Monday, October 17, 2011: 8:50 AM
M100 J (Minneapolis Convention Center)
The addition of salt to a colloidal dispersion reduces the energetic barrier for aggregation; however, in the context of protein, salts do not all have the same effect. The Hofmeister series is a qualitative ranking system for ions describing the extent to which an ion will affect a variety of phenomena in solution including (but not limited to) protein solubility, enzyme activity, and colloidal stability. Since protein stability plays an important role in protein misfolding diseases, we test the influence of a host of Hofmeister salts on the aggregation rate of Sup35NM, a model yeast prion protein.
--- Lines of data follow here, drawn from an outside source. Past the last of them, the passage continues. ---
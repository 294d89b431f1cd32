-- ===== src/Ipc/Configure/Tests.antt =====
-- The theorems on configuring, resetting and laying out at inputs that meet their hypotheses.
use enb_l1_b4860_ppc.Common.{ℕ, ◌+◌, ◌*◌, ◌≤◌, ◌≡◌, refl, Bool, true, List, [], ◌∷◌, arith, get_or}
use enb_l1_b4860_ppc.Channel.{Bd, no_bd, Channel, message_ch, initialized}
use enb_l1_b4860_ppc.Channel.Ring.{IsRing, pending}
use enb_l1_b4860_ppc.Ipc.{success, Ipc, no_channel, channel_at}
use enb_l1_b4860_ppc.Ipc.Configure.{configure_channel, b4_ipc_init, bd_size}
use enb_l1_b4860_ppc.Ipc.Configure.Laws.{configure_channel-opens}
use enb_l1_b4860_ppc.Ipc.Configure.Reset.{b4_ipc_init-disjoint}

abbrev bds : List Bd
bds = no_bd ∷ no_bd ∷ record no_bd { msg_len = 9 } ∷ []

-- A channel that the initialisation left closed, with storage for three descriptors.
abbrev shut : Channel
shut = record no_channel { id = 1; bds = bds }

abbrev area : Ipc
area = record {
  channels = no_channel ∷ shut ∷ [];
  us_channels = [];
  max_depth = 2;
  max_channels = 2;
  dsp_ccsr_vaddr = 0;
  memory = λ a. a;
  registers = [];
}

abbrev free : ℕ → Bool
free _ = true

abbrev mapped : ℕ → ℕ
mapped p = p

configure_channel-opens_example :
    (ipc' : Ipc) × (configure_channel free 1 2 message_ch 4096 64 true area ≡ (success, ipc'))
    × IsRing (channel_at ipc' 1)
    × (pending (channel_at ipc' 1) ≡ 0)
    × ((channel_at ipc' 1).consumer_initialized ≡ initialized)
unfolding channel_at
configure_channel-opens_example =
    configure_channel-opens free 1 2 message_ch 4096 64 area refl (omega arith) (omega arith)
      (omega arith) refl refl refl refl (omega arith) (omega arith) (omega arith)

b4_ipc_init-disjoint_example :
    (get_or
        (b4_ipc_init (λ _. bds) 4 0x1000 (2 + 3 * 0x10000) (shut ∷ shut ∷ []))
        0
        no_channel).bd_base
      + bd_size * 3
    ≤ (get_or
        (b4_ipc_init (λ _. bds) 4 0x1000 (2 + 3 * 0x10000) (shut ∷ shut ∷ []))
        1
        no_channel).bd_base
b4_ipc_init-disjoint_example =
    b4_ipc_init-disjoint (λ _. bds) 4 0x1000 3 2 (shut ∷ shut ∷ []) (omega arith) (omega arith)
      (omega arith) (omega arith) 0 1 (omega arith) (omega arith) (omega arith) (omega arith)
Prion proteins are capable of converting from their soluble forms into highly ordered fibrous cross-β aggregates, known as amyloids. This conversion is associated with certain neurodegenerative conditions in mammals, such as Alzheimer disease, and controls heritable phenotypes in yeast. Previously we have studied Sup35NM aggregation in the presence of select anions using the Congo red binding assay and found an inverse Hofmeister trend, where chaotropes strongly stabilize and kosmotropes destabilize. This study confirmed that result and expands on the topic by examining the effect of a wide range of both anions and cations at varying concentrations on the aggregation rate, lag time prior to aggregation and the extent of aggregation of Sup35NM using the fluorescent amyloid binding dye, thioflavine T. We found significant concentration dependence, long lag time and less overall aggregation for chaotropes; whereas, kosmotropes had little or no concentration dependence, very short lag time and almost complete aggregation. Additionally, we studied the surface charge of Sup35NM to examine the stabilization or destabilization that specific ions offer the protein.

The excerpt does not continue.